Please transcribe exactly, and only, the lines of the data below between the line holding "after-WellShaped fuel tokens loc text h ih (shaped" and the line holding "(round-Shaped tokens loc c cs))", inclusive.

**SUPPLIED INFORMATION:**
-=-=-=-=-

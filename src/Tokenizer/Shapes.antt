-- ===== src/Tokenizer/Shapes.antt =====
-- The tokens of src/StyioParser/Tokenizer.cpp have the texts that belong to their types.
use mathlib.Core.Bool.{true≢false}
use mathlib.Core.List.{reverse-append}
use styio.Prelude.Texts.{same_text, same_text→≡}
use styio.Prelude.{
  ℕ, zero, suc, ◌+◌, ◌≡◌, refl, sym, ap, ◌∙◌, subst, Bool, true, not, ◌&&◌, ◌||◌, some, List, [],
  ◌∷◌, ◌++◌, length, take, drop, reverse, get_elem?, leb, ◌==◌, ==_iff, if_cases, Option-cases, inl,
  inr, take-add, arith,
}
use styio.Prelude.Scan.{codes, next_is, starts_with, count_while, find, take-count_while-All}
use styio.Unicode.{is_digit, is_identifier_start, is_identifier_continue}
use styio.Token.{tok_eof, Token, token}
use styio.Token.Shape.{Shape, Word, Digits}
use styio.Tokenizer.{
  Outcome, LexError, ok, lex_error, out_of_fuel, Pushed, one_token, is_line_end, scan_line_comment,
  scan_block_comment, scan_identifier, scan_number, scan_fraction, scan_string, scan_native,
  scan_lcurbrac, scan_switch, scan_round, digit_at, push_all, tokenize_from, tokenize,
}
use styio.Tokenizer.Native.{recent_tokens_open_native_extern_body, scanner, scan_body_end}
use styio.Tokenizer.Operators.{Lexeme}
use styio.Tokenizer.Operators.Shapes.{HasShape, scan_operator-HasShape}
use styio.Tokenizer.Lossless.{Lossless, lossless, tokenize-Lossless, after, tokenize_from-suc}

abbrev pub AllShaped : List Token → Type 0
AllShaped [] = Unit
AllShaped (t ∷ ts) = Shape t.kind t.original × AllShaped ts

-- What a round promises: tokens with the texts of their types, or an error.
pub data Shaped : Outcome Pushed → Type 0 where
  shaped : {p : Pushed} → AllShaped p.0 → Shaped (ok p)
  failed : {e : LexError} → Shaped (lex_error e)

one : {l : Lexeme} → HasShape l → Shaped (one_token l)
one h = shaped (h.shape, tt)

word :
    (first more : ℕ → Bool) (c : ℕ) (cs : List ℕ)
    → first c ≡ true
    → Word first more (take (1 + count_while more cs) (c ∷ cs))
word first more c cs h =
    let width : 1 + count_while more cs ≡ suc (count_while more cs) = omega arith in
    rw width (h, take-count_while-All more cs)

both : (a b : Bool) → (a && b) ≡ true → (a ≡ true) × (b ≡ true)
both a b h = ground arith

drop-get_elem? :
    (text : List ℕ) (n c : ℕ) → get_elem? text n ≡ some c → drop n text ≡ c ∷ drop (n + 1) text
drop-get_elem? [] n c h = ground arith
drop-get_elem? (x ∷ text) zero c h = ground arith
drop-get_elem? (x ∷ text) (suc n) c h =
    let step : suc n + 1 ≡ suc (n + 1) = omega arith in rw step (drop-get_elem? text n c h)

next_is→≡ : (text : List ℕ) (n b : ℕ) → next_is text n b ≡ true → get_elem? text n ≡ some b
next_is→≡ text n b h = elim (Option-cases (get_elem? text n)) [
  | inl e ↦ absurd (ground arith)
  | inr (c, e) ↦ e ∙ ap some ((==_iff c b).0 (ground arith))
]

underscore : same_text (codes "_") (codes "_") ≡ true
unfolding same_text
underscore = refl

digit_there :
    (text : List ℕ) (k : ℕ)
    → digit_at text k ≡ true
    → (d : ℕ) × (get_elem? text k ≡ some d) × (is_digit d ≡ true)
digit_there text k h = elim (Option-cases (get_elem? text k)) [
  | inl e ↦ absurd (ground arith)
  | inr (d, e) ↦ (d, e, ground arith)
]

-- A text that is split at a point.
split_at_point :
    (text : List ℕ) (n m : ℕ)
    → get_elem? text n ≡ some b'.'
    → take (n + 1 + m) text ≡ take n text ++ (b'.' ∷ take m (drop (n + 1) text))
split_at_point text n m h =
    let width : n + 1 + m ≡ n + suc m = omega arith in
    rw width (
      take-add n (suc m) text
      ∙ ap (λ x. take n text ++ take (suc m) x) (drop-get_elem? text n b'.' h))

-- The digits behind the point.
part-Digits :
    (text : List ℕ) (n d : ℕ)
    → get_elem? text (n + 1) ≡ some d
    → is_digit d ≡ true
    → Digits (take (1 + count_while is_digit (drop (n + 2) text)) (drop (n + 1) text))
part-Digits text n d h e =
    let further : n + 1 + 1 ≡ n + 2 = omega arith in
    let rest : drop (n + 1) text ≡ d ∷ drop (n + 2) text =
      drop-get_elem? text (n + 1) d h ∙ ap (λ k. d ∷ drop k text) further in
    rw rest (word is_digit is_digit d (drop (n + 2) text) e)

identifier-HasShape :
    (c : ℕ) (cs : List ℕ) → is_identifier_start c ≡ true → HasShape (scan_identifier (c ∷ cs))
unfolding scan_identifier
identifier-HasShape c cs h =
    let literal = take (1 + count_while is_identifier_continue cs) (c ∷ cs) in
    if_cases HasShape (same_text literal (codes "_"))
      (λ e. record { shape = same_text→≡ literal (codes "_") e })
      (λ e. record {
        shape = (
          word is_identifier_start is_identifier_continue c cs h,
          λ q. true≢false (sym (ap (λ x. same_text x (codes "_")) q ∙ underscore) ∙ e),
        );
      })

number-HasShape : (c : ℕ) (cs : List ℕ) → is_digit c ≡ true → HasShape (scan_number (c ∷ cs))
unfolding scan_number scan_fraction
number-HasShape c cs h =
    let text : List ℕ = c ∷ cs in
    let n = 1 + count_while is_digit cs in
    let m = count_while is_digit (drop (n + 2) text) in
    if_cases HasShape (next_is text n b'.' && digit_at text (n + 1))
      (λ e.
        let (point, digit) = both (next_is text n b'.') (digit_at text (n + 1)) e in
        let (d, at, is) = digit_there text (n + 1) digit in
        record {
          shape = (
            take n text,
            take (1 + m) (drop (n + 1) text),
            split_at_point text n (1 + m) (next_is→≡ text n b'.' point),
            word is_digit is_digit c cs h,
            part-Digits text n d at is,
          );
        })
      (λ _. record { shape = word is_digit is_digit c cs h })

string-Shaped : (loc : ℕ) (text : List ℕ) → Shaped (scan_string loc text)
unfolding scan_string
string-Shaped loc text =
    let body = drop 1 text in
    let n = count_while (λ c. not (c == b'"')) body in
    if_cases Shaped (leb (length body) n) (λ _. failed)
      (λ _.
        one (record {
          shape = (take n body, refl, take-count_while-All (λ c. not (c == b'"')) body);
        }))

line_comment-HasShape : (text : List ℕ) → HasShape (scan_line_comment text)
unfolding scan_line_comment is_line_end
line_comment-HasShape text =
    let p : ℕ → Bool = λ c. not (is_line_end c) in
    record {
      shape = (
        take (count_while p (drop 2 text)) (drop 2 text),
        refl,
        take-count_while-All p (drop 2 text),
      );
    }

block_comment-Shaped : (loc : ℕ) (text : List ℕ) → Shaped (scan_block_comment loc text)
unfolding scan_block_comment
block_comment-Shaped loc text = elim (Option-cases (find (drop 2 text) (codes "*/"))) [
  | inl e ↦ rw (e, scan_block_comment) failed
  | inr (n, e) ↦ rw (e, scan_block_comment) (one (record { shape = (take n (drop 2 text), refl) }))
]

native-Shaped : (loc : ℕ) (text : List ℕ) → Shaped (scan_native loc text)
unfolding scan_native
native-Shaped loc text = elim (Option-cases (scan_body_end scanner (drop 1 text))) [
  | inl e ↦ rw (e, scan_native) failed
  | inr (n, e) ↦ rw (e, scan_native) (shaped (refl, (tt, (refl, tt))))
]

round-Shaped :
    (tokens : List Token) (loc c : ℕ) (cs : List ℕ) → Shaped (scan_round tokens loc c (c ∷ cs))
unfolding scan_round scan_switch scan_lcurbrac
round-Shaped tokens loc c cs =
    let text : List ℕ = c ∷ cs in
    if_cases Shaped (c == b' ' || (c == 9 || (c == 11 || c == 12)))
      (λ e. one (record { shape = (c, refl, e) }))
      (λ _.
        if_cases Shaped (c == b'\n') (λ _. one (record { shape = refl }))
          (λ _.
            if_cases Shaped (c == b'\r') (λ _. one (record { shape = refl }))
              (λ _.
                if_cases Shaped (starts_with text (codes "//"))
                  (λ _. one (line_comment-HasShape text))
                  (λ _.
                    if_cases Shaped (starts_with text (codes "/*"))
                      (λ _. block_comment-Shaped loc text)
                      (λ _.
                        if_cases Shaped (is_identifier_start c)
                          (λ e. one (identifier-HasShape c cs e))
                          (λ _.
                            if_cases Shaped (is_digit c) (λ e. one (number-HasShape c cs e))
                              (λ _.
                                if_cases Shaped (c == b'"') (λ _. string-Shaped loc text)
                                  (λ _.
                                    if_cases Shaped (c == b'{')
                                      (λ _.
                                        if_cases Shaped
                                          (recent_tokens_open_native_extern_body tokens)
                                          (λ _. native-Shaped loc text)
                                          (λ _. one (record { shape = refl })))
                                      (λ _. one (scan_operator-HasShape c text))))))))))

AllShaped-append : (ts us : List Token) → AllShaped ts → AllShaped us → AllShaped (ts ++ us)
AllShaped-append [] us h k = k
AllShaped-append (t ∷ ts) us h k = (h.0, AllShaped-append ts us h.1 k)

AllShaped-reverse : (ts : List Token) → AllShaped ts → AllShaped (reverse ts)
AllShaped-reverse [] h = tt
AllShaped-reverse (t ∷ ts) h =
    subst AllShaped (sym (reverse-append (t ∷ []) ts))
      (AllShaped-append (reverse ts) (t ∷ []) (AllShaped-reverse ts h.1) (h.0, tt))

AllShaped-push_all :
    (tokens ts : List Token) → AllShaped tokens → AllShaped ts → AllShaped (push_all tokens ts)
AllShaped-push_all tokens [] h k = h
AllShaped-push_all tokens (t ∷ ts) h k = AllShaped-push_all (t ∷ tokens) ts (k.0, h) k.1

-- Tokens with the texts of their types and the end of the file behind them, or an error.
pub data WellShaped : Outcome (List Token) → Type 0 where
  tokens_then_eof : (ts : List Token) → AllShaped ts → WellShaped (ok (ts ++ token tok_eof [] ∷ []))
  refused : {e : LexError} → WellShaped (lex_error e)
  stopped : WellShaped out_of_fuel

after-WellShaped :
    (fuel : ℕ) (tokens : List Token) (loc : ℕ) (text : List ℕ) {r : Outcome Pushed}
    → AllShaped tokens
    → ((p : Pushed)
        → AllShaped (push_all tokens p.0)
        → WellShaped (tokenize_from fuel (push_all tokens p.0) (loc + p.1) (drop p.1 text)))
    → Shaped r
    → WellShaped (after fuel tokens loc text r)
after-WellShaped fuel tokens loc text h ih (shaped {p} s) = ih p (AllShaped-push_all tokens p.0 h s)
after-WellShaped fuel tokens loc text h ih failed = refused

from-WellShaped :
    (fuel : ℕ) (tokens : List Token) (loc : ℕ) (text : List ℕ)
    → AllShaped tokens
    → WellShaped (tokenize_from fuel tokens loc text)
from-WellShaped fuel tokens loc [] h =
    unfold tokenize_from in
    (subst (λ ts. WellShaped (ok ts)) (sym (reverse-append (token tok_eof [] ∷ []) tokens))
      (tokens_then_eof (reverse tokens) (AllShaped-reverse tokens h)))
from-WellShaped zero tokens loc (c ∷ cs) h = unfold tokenize_from in stopped
from-WellShaped (suc fuel) tokens loc (c ∷ cs) h = rw (tokenize_from-suc fuel tokens loc c cs) (
    after-WellShaped fuel tokens loc (c ∷ cs) h
      (λ p k. from-WellShaped fuel (push_all tokens p.0) (loc + p.1) (drop p.1 (c ∷ cs)) k)
      (round-Shaped tokens loc c cs))

abbrev Ends : Outcome (List Token) → Type 0
Ends (ok ts) = Unit
Ends (lex_error e) = Unit
Ends out_of_fuel = ⊥

Lossless-Ends : (code : List ℕ) {o : Outcome (List Token)} → Lossless code o → Ends o
Lossless-Ends code (lossless h) = tt
Lossless-Ends code Lossless.refused = tt

-- What the tokenizer makes of a source.
pub data Lexed : Outcome (List Token) → Type 0 where
  lexed : (ts : List Token) → AllShaped ts → Lexed (ok (ts ++ token tok_eof [] ∷ []))
  not_lexed : {e : LexError} → Lexed (lex_error e)

Lexed-Ends : {o : Outcome (List Token)} → Ends o → WellShaped o → Lexed o
Lexed-Ends h (tokens_then_eof ts s) = lexed ts s
Lexed-Ends h refused = not_lexed
Lexed-Ends h stopped = absurd h

-- Every source is refused by a lexical error, or read into tokens that each have a text that the
-- tokenizer takes for their type, none of them the end of the file, and one token for the end of the
-- file behind them. A string literal has no quote inside, an ellipsis two dots or more, and a single
-- separating line two dashes or more.
pub tokenize-Lexed : (code : List ℕ) → Lexed (tokenize code)
unfolding tokenize
tokenize-Lexed code =
    Lexed-Ends (Lossless-Ends code (tokenize-Lossless code))
      (from-WellShaped (length code) [] 0 code tt)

-=-=-=-=-

**TASK RESULT:**
after-WellShaped fuel tokens loc text h ih (shaped {p} s) = ih p (AllShaped-push_all tokens p.0 h s)
after-WellShaped fuel tokens loc text h ih failed = refused

from-WellShaped :
    (fuel : ℕ) (tokens : List Token) (loc : ℕ) (text : List ℕ)
    → AllShaped tokens
    → WellShaped (tokenize_from fuel tokens loc text)
from-WellShaped fuel tokens loc [] h =
    unfold tokenize_from in
    (subst (λ ts. WellShaped (ok ts)) (sym (reverse-append (token tok_eof [] ∷ []) tokens))
      (tokens_then_eof (reverse tokens) (AllShaped-reverse tokens h)))
from-WellShaped zero tokens loc (c ∷ cs) h = unfold tokenize_from in stopped
from-WellShaped (suc fuel) tokens loc (c ∷ cs) h = rw (tokenize_from-suc fuel tokens loc c cs) (
    after-WellShaped fuel tokens loc (c ∷ cs) h
      (λ p k. from-WellShaped fuel (push_all tokens p.0) (loc + p.1) (drop p.1 (c ∷ cs)) k)
      (round-Shaped tokens loc c cs))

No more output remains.